Records for the task -

....

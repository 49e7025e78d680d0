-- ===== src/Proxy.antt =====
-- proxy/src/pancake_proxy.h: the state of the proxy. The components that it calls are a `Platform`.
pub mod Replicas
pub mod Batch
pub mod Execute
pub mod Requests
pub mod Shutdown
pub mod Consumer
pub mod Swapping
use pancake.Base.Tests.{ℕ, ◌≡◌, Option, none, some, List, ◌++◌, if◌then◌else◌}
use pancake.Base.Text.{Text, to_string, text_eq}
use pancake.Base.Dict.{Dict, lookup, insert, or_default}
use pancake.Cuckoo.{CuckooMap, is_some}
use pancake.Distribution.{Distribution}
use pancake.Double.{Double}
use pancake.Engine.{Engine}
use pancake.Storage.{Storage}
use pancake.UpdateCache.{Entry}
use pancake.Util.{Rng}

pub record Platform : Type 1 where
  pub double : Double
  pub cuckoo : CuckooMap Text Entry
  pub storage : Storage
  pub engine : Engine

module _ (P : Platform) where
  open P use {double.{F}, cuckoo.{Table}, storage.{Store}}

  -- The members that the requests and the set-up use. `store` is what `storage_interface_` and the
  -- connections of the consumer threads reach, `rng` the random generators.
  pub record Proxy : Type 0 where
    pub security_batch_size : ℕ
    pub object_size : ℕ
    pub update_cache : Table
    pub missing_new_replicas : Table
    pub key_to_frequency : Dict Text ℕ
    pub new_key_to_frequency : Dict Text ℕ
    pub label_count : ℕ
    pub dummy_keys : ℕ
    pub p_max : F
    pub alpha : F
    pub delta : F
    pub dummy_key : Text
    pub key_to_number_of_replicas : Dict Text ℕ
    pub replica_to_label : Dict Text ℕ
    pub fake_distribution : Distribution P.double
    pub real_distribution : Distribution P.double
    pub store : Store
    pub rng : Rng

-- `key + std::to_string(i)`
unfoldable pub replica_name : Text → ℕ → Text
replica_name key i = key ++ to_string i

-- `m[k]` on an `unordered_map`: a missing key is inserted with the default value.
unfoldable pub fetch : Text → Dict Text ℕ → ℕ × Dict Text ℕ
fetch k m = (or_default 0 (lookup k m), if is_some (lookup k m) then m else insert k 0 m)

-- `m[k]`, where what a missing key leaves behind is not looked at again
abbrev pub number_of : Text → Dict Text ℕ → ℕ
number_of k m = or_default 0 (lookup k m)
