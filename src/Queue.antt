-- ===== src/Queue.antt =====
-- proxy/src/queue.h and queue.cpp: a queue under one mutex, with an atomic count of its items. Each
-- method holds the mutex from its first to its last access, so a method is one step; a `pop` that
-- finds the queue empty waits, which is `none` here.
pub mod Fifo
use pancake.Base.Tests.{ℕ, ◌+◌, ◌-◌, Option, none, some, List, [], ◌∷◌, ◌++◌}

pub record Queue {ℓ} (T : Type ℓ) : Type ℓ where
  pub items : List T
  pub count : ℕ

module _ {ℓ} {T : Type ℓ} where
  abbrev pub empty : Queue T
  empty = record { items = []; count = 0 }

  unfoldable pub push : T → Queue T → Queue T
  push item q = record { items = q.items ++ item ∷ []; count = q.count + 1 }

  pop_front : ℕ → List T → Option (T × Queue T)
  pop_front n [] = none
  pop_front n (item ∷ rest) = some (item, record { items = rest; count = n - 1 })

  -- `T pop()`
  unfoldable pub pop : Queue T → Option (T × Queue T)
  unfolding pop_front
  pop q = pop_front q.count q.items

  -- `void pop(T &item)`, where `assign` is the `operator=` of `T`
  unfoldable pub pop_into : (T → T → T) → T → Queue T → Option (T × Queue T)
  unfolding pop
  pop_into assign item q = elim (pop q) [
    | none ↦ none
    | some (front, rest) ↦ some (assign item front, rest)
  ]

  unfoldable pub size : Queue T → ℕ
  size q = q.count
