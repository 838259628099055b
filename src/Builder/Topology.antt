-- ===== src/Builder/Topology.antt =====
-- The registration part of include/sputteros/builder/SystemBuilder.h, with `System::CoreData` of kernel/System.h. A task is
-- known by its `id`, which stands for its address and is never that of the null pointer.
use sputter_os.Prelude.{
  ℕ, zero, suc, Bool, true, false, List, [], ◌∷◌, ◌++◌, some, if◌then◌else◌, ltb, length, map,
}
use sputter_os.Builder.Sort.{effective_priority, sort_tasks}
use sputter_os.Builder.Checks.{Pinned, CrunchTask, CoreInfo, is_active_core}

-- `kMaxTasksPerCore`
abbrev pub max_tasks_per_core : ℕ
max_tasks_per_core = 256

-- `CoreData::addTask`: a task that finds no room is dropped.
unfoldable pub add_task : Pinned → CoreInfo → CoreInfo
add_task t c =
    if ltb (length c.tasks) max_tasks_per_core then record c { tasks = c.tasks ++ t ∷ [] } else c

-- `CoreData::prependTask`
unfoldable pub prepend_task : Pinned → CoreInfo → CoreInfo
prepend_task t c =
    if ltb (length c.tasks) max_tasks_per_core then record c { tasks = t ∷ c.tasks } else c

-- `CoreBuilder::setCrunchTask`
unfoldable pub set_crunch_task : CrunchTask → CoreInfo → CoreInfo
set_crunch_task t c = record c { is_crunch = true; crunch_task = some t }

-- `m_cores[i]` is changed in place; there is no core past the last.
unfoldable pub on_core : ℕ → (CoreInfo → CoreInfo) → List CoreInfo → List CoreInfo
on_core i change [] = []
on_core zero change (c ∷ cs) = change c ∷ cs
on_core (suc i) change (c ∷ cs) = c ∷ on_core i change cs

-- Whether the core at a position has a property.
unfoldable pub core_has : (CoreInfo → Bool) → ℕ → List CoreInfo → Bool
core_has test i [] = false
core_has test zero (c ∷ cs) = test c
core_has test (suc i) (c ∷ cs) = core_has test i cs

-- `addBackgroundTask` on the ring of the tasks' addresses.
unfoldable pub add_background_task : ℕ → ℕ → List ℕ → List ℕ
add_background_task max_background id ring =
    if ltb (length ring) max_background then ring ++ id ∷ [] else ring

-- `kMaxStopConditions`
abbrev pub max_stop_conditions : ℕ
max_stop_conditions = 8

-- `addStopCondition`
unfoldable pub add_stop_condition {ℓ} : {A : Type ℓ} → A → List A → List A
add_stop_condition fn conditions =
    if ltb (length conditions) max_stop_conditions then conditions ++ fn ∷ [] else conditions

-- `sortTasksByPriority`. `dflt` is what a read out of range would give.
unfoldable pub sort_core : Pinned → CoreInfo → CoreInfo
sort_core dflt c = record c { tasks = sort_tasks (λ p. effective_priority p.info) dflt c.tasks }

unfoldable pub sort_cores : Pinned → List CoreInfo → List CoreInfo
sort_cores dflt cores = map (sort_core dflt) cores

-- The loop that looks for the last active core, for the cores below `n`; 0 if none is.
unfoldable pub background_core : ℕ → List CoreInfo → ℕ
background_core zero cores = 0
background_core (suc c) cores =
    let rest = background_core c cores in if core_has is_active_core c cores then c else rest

....

What you will do - Count the lines above that contain "zero", and give only the number.

Your response - 4